Work instructions: Transcribe exactly the span of lines that begins the records and ends with the line holding "-- What a lease that", both boundary lines included.

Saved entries
++++++++

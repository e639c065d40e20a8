-- ===== src/Jobs/Checks.antt =====
-- What `_check_lease` of documents/jobs/sqlite.py has established when it returns.
use estudio_polymind_llm_orc.Prelude.{
  ◌<◌, ◌≡◌, refl, ◌∙◌, Bool, true, false, not, ◌&&◌, ◌==◌, ==→≡, some, none, Option, &&-eq-true,
  arith, if◌then◌else◌,
}
use estudio_polymind_llm_orc.Jobs.Models.{Micros, is_terminal}
use estudio_polymind_llm_orc.Jobs.Tables.{Db, StepRow, JobRow, is_running}
use estudio_polymind_llm_orc.Jobs.Database.{Tx, ok, job_of, step_of, ◌>>=◌, pure, Error, unless}
use estudio_polymind_llm_orc.Jobs.Blocks.{bind_inv, unless_inv, get_job_row_inv, get_step_row_inv}
use estudio_polymind_llm_orc.Jobs.Leases.{
  Lease, expired, owned_by, check_live, check_rows, check_lease,
}

-- What a lease that is not settling a cancellation has shown.
pub record IsLive (now : Micros) (job : JobRow) (row : StepRow) : Type 0 where
  pub wanted : job.cancel_requested ≡ false
  pub live : is_terminal job.state ≡ false
  pub in_time : (t : Micros) → row.lease_expires_at ≡ some t → now < t

-- What a lease check that returns has established.
pub record Checked (lease : Lease) (settling : Bool) (now : Micros) (job : JobRow) (row : StepRow)
    (db : Db) : Type 0 where
  pub job_found : job_of lease.scope lease.job_id db ≡ some job
  pub row_found : step_of lease.job_id lease.step_id db ≡ some row
  pub fence : row.fence ≡ lease.fence
  pub owned : owned_by row.lease_owner lease.owner ≡ true
  pub running : is_running row.state ≡ true
  pub live : settling ≡ false → IsLive now job row

in_time_of :
    (now : Micros) (expiry : Option Micros) (db : Db) {late : Bool} {db' : Db}
    → expired expiry now db ≡ ok (late, db')
    → late ≡ false
    → (t : Micros) → expiry ≡ some t
    → now < t
in_time_of now none db e l t s = cc
in_time_of now (some u) db e l t s = ground arith

pub same_db_of :
    (now : Micros) (expiry : Option Micros) (db : Db) {late : Bool} {db' : Db}
    → expired expiry now db ≡ ok (late, db')
    → db' ≡ db
same_db_of now none db e = cc
same_db_of now (some u) db e = cc

last_guard :
    (b : Bool) (e : Error) (db : Db) {x : Unit {0} × Db}
    → unless b e db ≡ ok x
    → (b ≡ true) × (x.1 ≡ db)
last_guard true e db h = (refl, ground arith)
last_guard false e db h = cc

not-eq-true : (b : Bool) → not b ≡ true → b ≡ false
not-eq-true b h = ground arith

check_live_inv :
    (now : Micros) (job : JobRow) (row : StepRow) (db : Db) {x : Unit {0} × Db}
    → check_live now job row db ≡ ok x
    → IsLive now job row × (x.1 ≡ db)
unfolding check_live
check_live_inv now job row db h = unless_inv (not job.cancel_requested) _ _ db h λ w h1.
    unless_inv (not (is_terminal job.state)) _ _ db h1 λ l h2.
      bind_inv (expired row.lease_expires_at now) _ db h2 λ late d e h3.
        let (g, same) = last_guard (not late) _ d h3 in
        (
          record {
            wanted = not-eq-true _ w;
            live = not-eq-true _ l;
            in_time = in_time_of now row.lease_expires_at db e (not-eq-true late g);
          },
          same ∙ same_db_of now row.lease_expires_at db e,
        )

settling_inv :
    (settling : Bool) (now : Micros) (job : JobRow) (row : StepRow) (db : Db) {x : Unit {0} × Db}
    → (if settling then pure tt else check_live now job row) db ≡ ok x
    → (settling ≡ false → IsLive now job row) × (x.1 ≡ db)
settling_inv true now job row db h = (λ e. cc, ground arith)
settling_inv false now job row db h =
    let (l, same) = check_live_inv now job row db h in (λ _. l, same)

module _ {ℓ} {B : Type 0} {C : Type ℓ} where
  -- A lease check at the head of a block passes on what it has established.
  pub check_lease_inv :
      (lease : Lease) (now : Micros) (settling : Bool) (f : JobRow × StepRow → Tx B) (db : Db)
      {x : B × Db}
      → (check_lease lease now settling >>= f) db ≡ ok x
      → ((job : JobRow) (row : StepRow)
          → Checked lease settling now job row db
          → f (job, row) db ≡ ok x
          → C)
      → C
  unfolding check_lease check_rows
  check_lease_inv lease now settling f db {x} h k =
      bind_inv (check_lease lease now settling) f db h λ a db' e n.
        get_job_row_inv lease.scope lease.job_id _ db e λ job jf e1.
          get_step_row_inv lease.job_id lease.step_id _ db e1 λ row rf e2.
            bind_inv (check_rows lease now settling job row) _ db e2 λ _ d e3 e4.
              unless_inv (row.fence == lease.fence && owned_by row.lease_owner lease.owner) _ _ db
                e3
                λ g1 e5. unless_inv (is_running row.state) _ _ db e5 λ g2 e6.
                  let (live, same) = settling_inv settling now job row db e6 in
                  let (fence, owned) = &&-eq-true (row.fence == lease.fence) _ g1 in
                  k job row
                    (record {
                      job_found = jf;
                      row_found = rf;
                      fence = ==→≡ _ _ fence;
                      owned = owned;
                      running = g2;
                      live = live;
                    })
                    (cc)
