-- ===== src/Jobs/Claiming.antt =====
-- A claim of documents/jobs/sqlite.py that is answered with a lease.
use estudio_polymind_llm_orc.Prelude.{
  find-weaker, ◌+◌, ◌≤◌, ◌≡◌, ◌≢◌, ◌⊎◌, ◌++◌, ◌==◌, any, All, refl, sym, subst, ◌∙◌, ap, String,
  true, false, ◌&&◌, Bool-cases, inl, inr, Option, some, List, [], ◌∷◌, ==→≡, find, find-eq-some,
  arith, ltb, &&-eq-true, not, ◌||◌,
}
use estudio_polymind_llm_orc.Jobs.Models.{Uuid, Micros, Scope, same_scope, is_terminal, is_token}
use estudio_polymind_llm_orc.Jobs.Tables.{
  Db, Ledger, JobRow, StepRow, AttemptRow, is_running, is_claimable,
}
use estudio_polymind_llm_orc.Jobs.Database.{
  Result, Tx, continue, steps_of, update_job, ok, ◌>>=◌, job_of, get_job_row, step_of, get_step_row,
}
use estudio_polymind_llm_orc.Jobs.Progression.{refresh, refreshed}
use estudio_polymind_llm_orc.Jobs.Leases.{
  Lease, attempt_clashes, insert_attempt, new_attempt, budget_spent, grant, claim_row, recover,
  claim,
}

claimable-running : (s : _) → is_claimable s ≡ true → is_running s ≡ false
claimable-running s h = ground arith

bind-ok :
    {A B : Type 0} (m : Tx A) (f : A → Tx B) (db : Db) {a : A} {d : Db}
    → m db ≡ ok (a, d)
    → (m >>= f) db ≡ f a d
bind-ok m f db h = ap (λ r. continue r f) h

-- the row of the job, whatever else the tables hold
abbrev At : Scope → Uuid → List JobRow → JobRow → Type 0
At scope job_id jobs job =
    find (λ r. r.job_id == job_id && same_scope r.scope scope) jobs ≡ some job

refresh-returns :
    (scope : Scope) (job_id : Uuid) (now : Micros) (db : Db) (job : JobRow)
    → At scope job_id db.jobs job
    → (db' : Db) × (refresh job_id now db ≡ ok (tt, db'))
unfolding refresh
refresh-returns scope job_id now db job h =
    let (y, e) =
      find-weaker (λ r. r.job_id == job_id) (λ r. same_scope r.scope scope) db.jobs {x = job} h in
    (update_job job_id (refreshed y (steps_of job_id db) now) db, rw (refresh, e) refl)

job_of-At :
    (scope : Scope) (job_id : Uuid) (db : Db) (job : JobRow)
    → job_of scope job_id db ≡ some job
    → At scope job.job_id db.jobs job
unfolding job_of
job_of-At scope job_id db job h =
    let (m, _) = &&-eq-true (job.job_id == job_id) _ (find-eq-some _ db.jobs h) in
    subst (λ k. At scope k db.jobs job) (sym (==→≡ job.job_id job_id m)) h

step_of-id :
    (job_id step_id : Uuid) (db : Db) (row : StepRow)
    → step_of job_id step_id db ≡ some row
    → row.step_id ≡ step_id
unfolding step_of
step_of-id job_id step_id db row h =
    let (m, _) = &&-eq-true (row.step_id == step_id) _ (find-eq-some _ db.steps h) in
    ==→≡ row.step_id step_id m

-- every attempt of the step that is recorded comes before its next one
abbrev pub EarlierAttempts : StepRow → List AttemptRow → Type 0
EarlierAttempts row =
    All (λ a. (a.step_id ≢ row.step_id) ⊎ ((a.number ≤ row.attempt_count) × (a.fence ≤ row.fence)))

EarlierAttempts-fresh :
    (row : StepRow) (owner : String) (now : Micros) (rs : List AttemptRow)
    → EarlierAttempts row rs
    → any (attempt_clashes (new_attempt row owner now)) rs ≡ false
EarlierAttempts-fresh row owner now [] h = refl
EarlierAttempts-fresh row owner now (a ∷ rs) (inl other, h) =
    elim (Bool-cases (a.step_id == row.step_id)) [
      | inl e ↦ absurd (other (==→≡ a.step_id row.step_id e))
      | inr e ↦ ground (arith, e, EarlierAttempts-fresh row owner now rs h)
    ]
EarlierAttempts-fresh row owner now (a ∷ rs) (inr (n, f), h) =
    ground (arith, n, f, EarlierAttempts-fresh row owner now rs h)

insert_attempt-returns :
    (a : AttemptRow) (db : Db)
    → any (attempt_clashes a) db.attempts ≡ false
    → insert_attempt a db ≡ ok (tt, record db { attempts = db.attempts ++ a ∷ [] })
unfolding insert_attempt
insert_attempt-returns a db h = rw h refl

module _ (l : Ledger) where
  grant-returns :
      (scope : Scope) (job : JobRow) (row : StepRow) (owner : String) (now : Micros) (db : Db)
      → At scope job.job_id db.jobs job
      → EarlierAttempts row db.attempts
      → (lease : Lease) × (db' : Db) × (grant l scope job row owner now db ≡ ok (some lease, db'))
        × (lease.step_id ≡ row.step_id)
        × (lease.fence ≡ row.fence + 1)
  unfolding grant
  grant-returns scope job row owner now db h past =
      let (db', e) = refresh-returns scope job.job_id now _ job h in
      (
        _,
        db',
        bind-ok (insert_attempt (new_attempt row owner now)) _ _ (
              insert_attempt-returns (new_attempt row owner now) _
                (EarlierAttempts-fresh row owner now db.attempts past))
            ∙ bind-ok (refresh job.job_id now) _ _ e,
        refl,
        refl,
      )

  claim_row-returns :
      (scope : Scope) (job : JobRow) (row : StepRow) (owner : String) (now : Micros) (db : Db)
      → At scope job.job_id db.jobs job
      → EarlierAttempts row db.attempts
      → is_claimable row.state ≡ true
      → row.not_before ≤ now
      → budget_spent row.started_at job.request.profile.retry.budget_micros now ≡ false
      → (lease : Lease) × (db' : Db) × (claim_row l scope job row owner now db
          ≡ ok (some lease, db'))
        × (lease.step_id ≡ row.step_id)
        × (lease.fence ≡ row.fence + 1)
  unfolding claim_row
  claim_row-returns scope job row owner now db h past c m b =
      let (lease, db', e, i, f) = grant-returns scope job row owner now db h past in
      let early : (not (is_claimable row.state) || ltb now row.not_before) ≡ false = ground arith in
      (lease, db', rw (early, b) e, i, f)

  recover-waiting :
      (job : JobRow) (row : StepRow) (now : Micros) (db : Db)
      → is_running row.state ≡ false
      → recover l job row now db ≡ ok (tt, db)
  unfolding recover
  recover-waiting job row now db h = rw h refl

  -- a claim of a waiting step of a live job is the claim of its row
  claim-claim_row :
      (scope : Scope) (job_id step_id : Uuid) (owner : String) (now : Micros) (db : Db)
      (job : JobRow) (row : StepRow) (w : Result (Option Lease × Db))
      → is_token owner ≡ true
      → job_of scope job_id db ≡ some job
      → step_of job_id step_id db ≡ some row
      → (job.cancel_requested || is_terminal job.state) ≡ false
      → is_running row.state ≡ false
      → claim_row l scope job row owner now db ≡ w
      → claim l scope job_id step_id owner now db ≡ w
  unfolding claim get_job_row get_step_row
  claim-claim_row scope job_id step_id owner now db job row w t j r live still e =
      rw (t, j, r, live, recover-waiting job row now db still, r) e

-- A step that is due is leased: the claim of a step that is READY or waits for its retry, whose time has
-- come, whose budget is not spent and whose recorded attempts have numbers and fences up to its own, of
-- a job that is neither cancelled nor over, by an owner with a valid name, answers with a lease of
-- that step under the next fence.
pub claim-leases :
    (l : Ledger) (scope : Scope) (job_id step_id : Uuid) (owner : String) (now : Micros) (db : Db)
    (job : JobRow) (row : StepRow)
    → is_token owner ≡ true
    → job_of scope job_id db ≡ some job
    → step_of job_id step_id db ≡ some row
    → job.cancel_requested ≡ false
    → is_terminal job.state ≡ false
    → is_claimable row.state ≡ true
    → row.not_before ≤ now
    → budget_spent row.started_at job.request.profile.retry.budget_micros now ≡ false
    → EarlierAttempts row db.attempts
    → (lease : Lease) × (db' : Db) × (claim l scope job_id step_id owner now db
        ≡ ok (some lease, db'))
      × (lease.step_id ≡ step_id)
      × (lease.fence ≡ row.fence + 1)
claim-leases l scope job_id step_id owner now db job row t j r x y c m b past =
    let at : At scope job.job_id db.jobs job = job_of-At scope job_id db job j in
    let (lease, db', e, i, f) = claim_row-returns l scope job row owner now db at past c m b in
    let live : (job.cancel_requested || is_terminal job.state) ≡ false = ground arith in
    let still = claimable-running row.state c in
    (
      lease,
      db',
      claim-claim_row l scope job_id step_id owner now db job row _ t j r live still e,
      i ∙ step_of-id job_id step_id db row r,
      f,
    )
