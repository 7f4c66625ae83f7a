-- ===== src/Server/Admin/Groups.antt =====
-- `AdminGroupsService` of auth-provider/server/src/admin/admin-groups.service.ts. The order of what
-- `listGroups` returns is the table's.
use seleksi2_labpro.Prelude.{
  String, Bool, true, false, ◌&&◌, ◌||◌, not, List, map, Option, none, some, is_none, some_and,
  ◌===◌, if◌then◌else◌, pure, gets, or_throw, throw_if, modify, ◌>>=◌, ◌>>◌,
}
use seleksi2_labpro.Database.{Prisma, find_one, find_many, transaction}
use seleksi2_labpro.Schema.Accounts.{Group, UserGroup, ApplicationGroupPolicy}
use seleksi2_labpro.Server.Store.{
  ServerStore, ServerError, bad_request, not_found, conflict, Handler, audited,
}
use seleksi2_labpro.Server.Runtime.{Runtime}
use seleksi2_labpro.Server.Access.{control_panel_admin_group_name}
use seleksi2_labpro.Server.Admin.{AdminCall, admin_audit}
use seleksi2_labpro.Server.Admin.Rows.{
  create_group_row, update_group_row, delete_group_row, without_members, without_policies,
}
use seleksi2_labpro.Server.Admin.Revocation.{revoke_users_who_lost_access}

-- A description that is `undefined` is `none`, one that is `null` is `some none`.
pub record GroupInput : Type 0 where
  pub name : Option String
  pub description : Option (Option String)

abbrev group_not_found : ServerError
group_not_found = not_found "GROUP_NOT_FOUND"

abbrev invalid_request : ServerError
invalid_request = bad_request "INVALID_ADMIN_REQUEST"

abbrev system_group_protected : ServerError
system_group_protected = bad_request "SYSTEM_GROUP_PROTECTED"

abbrev trimmed : Runtime → Option String → Option String
trimmed rt none = none
trimmed rt (some s) = some (rt.trim s)

-- `normalizeDescription`
unfoldable pub normalize_description : Runtime → Option String → Option String
normalize_description rt none = none
normalize_description rt (some s) = let d = rt.trim s in if d === "" then none else some d

abbrev described : Runtime → Option (Option String) → Option (Option String)
described rt none = none
described rt (some d) = some (normalize_description rt d)

abbrev or_old {ℓ} : {A : Type ℓ} → Option A → A → A
or_old none old = old
or_old (some a) old = a

abbrev flattened : Option (Option String) → Option String
flattened none = none
flattened (some d) = d

abbrev is_taken : Option Group → Option String → Bool
is_taken none excluded = false
is_taken (some g) none = true
is_taken (some g) (some id) = not (g.id === id)

abbrev new_group : AdminCall → String → Option String → Group
new_group c name description = record { id = c.fresh_id; name = name; description = description }

-- A new name for the group of the administrators.
unfoldable pub renames_system_group : Group → Option String → Bool
renames_system_group g name =
    g.name === control_panel_admin_group_name && some_and (λ n. not (n === g.name)) name

module _ ⦃db : Prisma⦄ where
  abbrev pub find_group : String → ServerStore → Option Group
  find_group id s = find_one (λ (g : Group). g.id === id) s.groups

  abbrev pub members_of : String → ServerStore → List String
  members_of group_id s =
      map (λ (m : UserGroup). m.user_id)
        (find_many (λ (m : UserGroup). m.group_id === group_id) s.user_groups)

  abbrev pub applications_of : String → ServerStore → List String
  applications_of group_id s =
      map (λ (p : ApplicationGroupPolicy). p.application_id)
        (find_many (λ (p : ApplicationGroupPolicy). p.group_id === group_id) s.policies)

  -- `listGroups`
  unfoldable pub list_groups : Handler (List Group)
  list_groups = gets (λ s. find_many (λ g. true) s.groups)

  -- `getGroup`
  unfoldable pub get_group : String → Handler Group
  get_group id = do found ← gets (find_group id); or_throw found group_not_found

  -- `assertNameAvailable`
  unfoldable pub assert_name_available : String → Option String → Handler (Unit {0})
  assert_name_available name excluded = do
    found ← gets (λ s. find_one (λ (g : Group). g.name === name) s.groups)
    throw_if (is_taken found excluded) (conflict "GROUP_NAME_ALREADY_EXISTS")

module _ ⦃db : Prisma⦄ (rt : Runtime) (c : AdminCall) where
  -- `createGroup`, whose input has a name.
  unfoldable pub create_group : String → Option (Option String) → Handler Group
  unfolding create_group_row assert_name_available normalize_description
  create_group input_name description = do
    let name = rt.trim input_name
    let group = new_group c name (normalize_description rt (flattened description))
    throw_if (name === "") invalid_request
    assert_name_available name none
    transaction (do
      create_group_row (λ g. g.name === name) group
      modify (audited (admin_audit c "GroupChanged" none none))
      pure group)

  abbrev assert_new_name_available : Option String → Group → Handler (Unit {0})
  assert_new_name_available none group = pure tt
  assert_new_name_available (some name) group =
      if name === "" || name === group.name
      then pure tt
      else assert_name_available name (some group.id)

  -- `updateGroup`
  unfoldable pub update_group : String → GroupInput → Handler Group
  unfolding update_group_row assert_name_available normalize_description renames_system_group
  update_group group_id input = do
    found ← gets (find_group group_id)
    group ← or_throw found group_not_found
    let name = trimmed rt input.name
    let description = described rt input.description
    throw_if (some_and (λ n. n === "") name) invalid_request
    throw_if (renames_system_group group name) system_group_protected
    throw_if (is_none name && is_none description) invalid_request
    assert_new_name_available name group
    transaction (do
      row ←
          update_group_row (λ g. some_and (λ n. g.name === n) name && not (g.id === group_id))
            group_id
            (λ g. record g {
              name = or_old name g.name;
              description = or_old description g.description;
            })
      modify (audited (admin_audit c "GroupChanged" none none))
      pure row)

  unfoldable pub drop_group : String → List String → List String → Handler (Unit {0})
  unfolding delete_group_row revoke_users_who_lost_access
  drop_group group_id user_ids application_ids = do
    modify (without_members group_id)
    modify (without_policies group_id)
    delete_group_row group_id
    revoked ← revoke_users_who_lost_access rt c user_ids application_ids
    modify (audited (admin_audit c "GroupChanged" none none))

  -- `deleteGroup`
  unfoldable pub delete_group : String → Handler (Unit {0})
  unfolding drop_group
  delete_group group_id = do
    found ← gets (find_group group_id)
    group ← or_throw found group_not_found
    throw_if (group.name === control_panel_admin_group_name) system_group_protected
    user_ids ← gets (members_of group_id)
    application_ids ← gets (applications_of group_id)
    transaction (drop_group group_id user_ids application_ids)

++++++++

Answer space:
repository e639c065d40e20a8
-- ===== src/Jobs/Checks.antt =====
-- What `_check_lease` of documents/jobs/sqlite.py has established when it returns.
use estudio_polymind_llm_orc.Prelude.{
  ◌<◌, ◌≡◌, refl, ◌∙◌, Bool, true, false, not, ◌&&◌, ◌==◌, ==→≡, some, none, Option, &&-eq-true,
  arith, if◌then◌else◌,
}
use estudio_polymind_llm_orc.Jobs.Models.{Micros, is_terminal}
use estudio_polymind_llm_orc.Jobs.Tables.{Db, StepRow, JobRow, is_running}
use estudio_polymind_llm_orc.Jobs.Database.{Tx, ok, job_of, step_of, ◌>>=◌, pure, Error, unless}
use estudio_polymind_llm_orc.Jobs.Blocks.{bind_inv, unless_inv, get_job_row_inv, get_step_row_inv}
use estudio_polymind_llm_orc.Jobs.Leases.{
  Lease, expired, owned_by, check_live, check_rows, check_lease,
}

-- What a lease that is not settling a cancellation has shown.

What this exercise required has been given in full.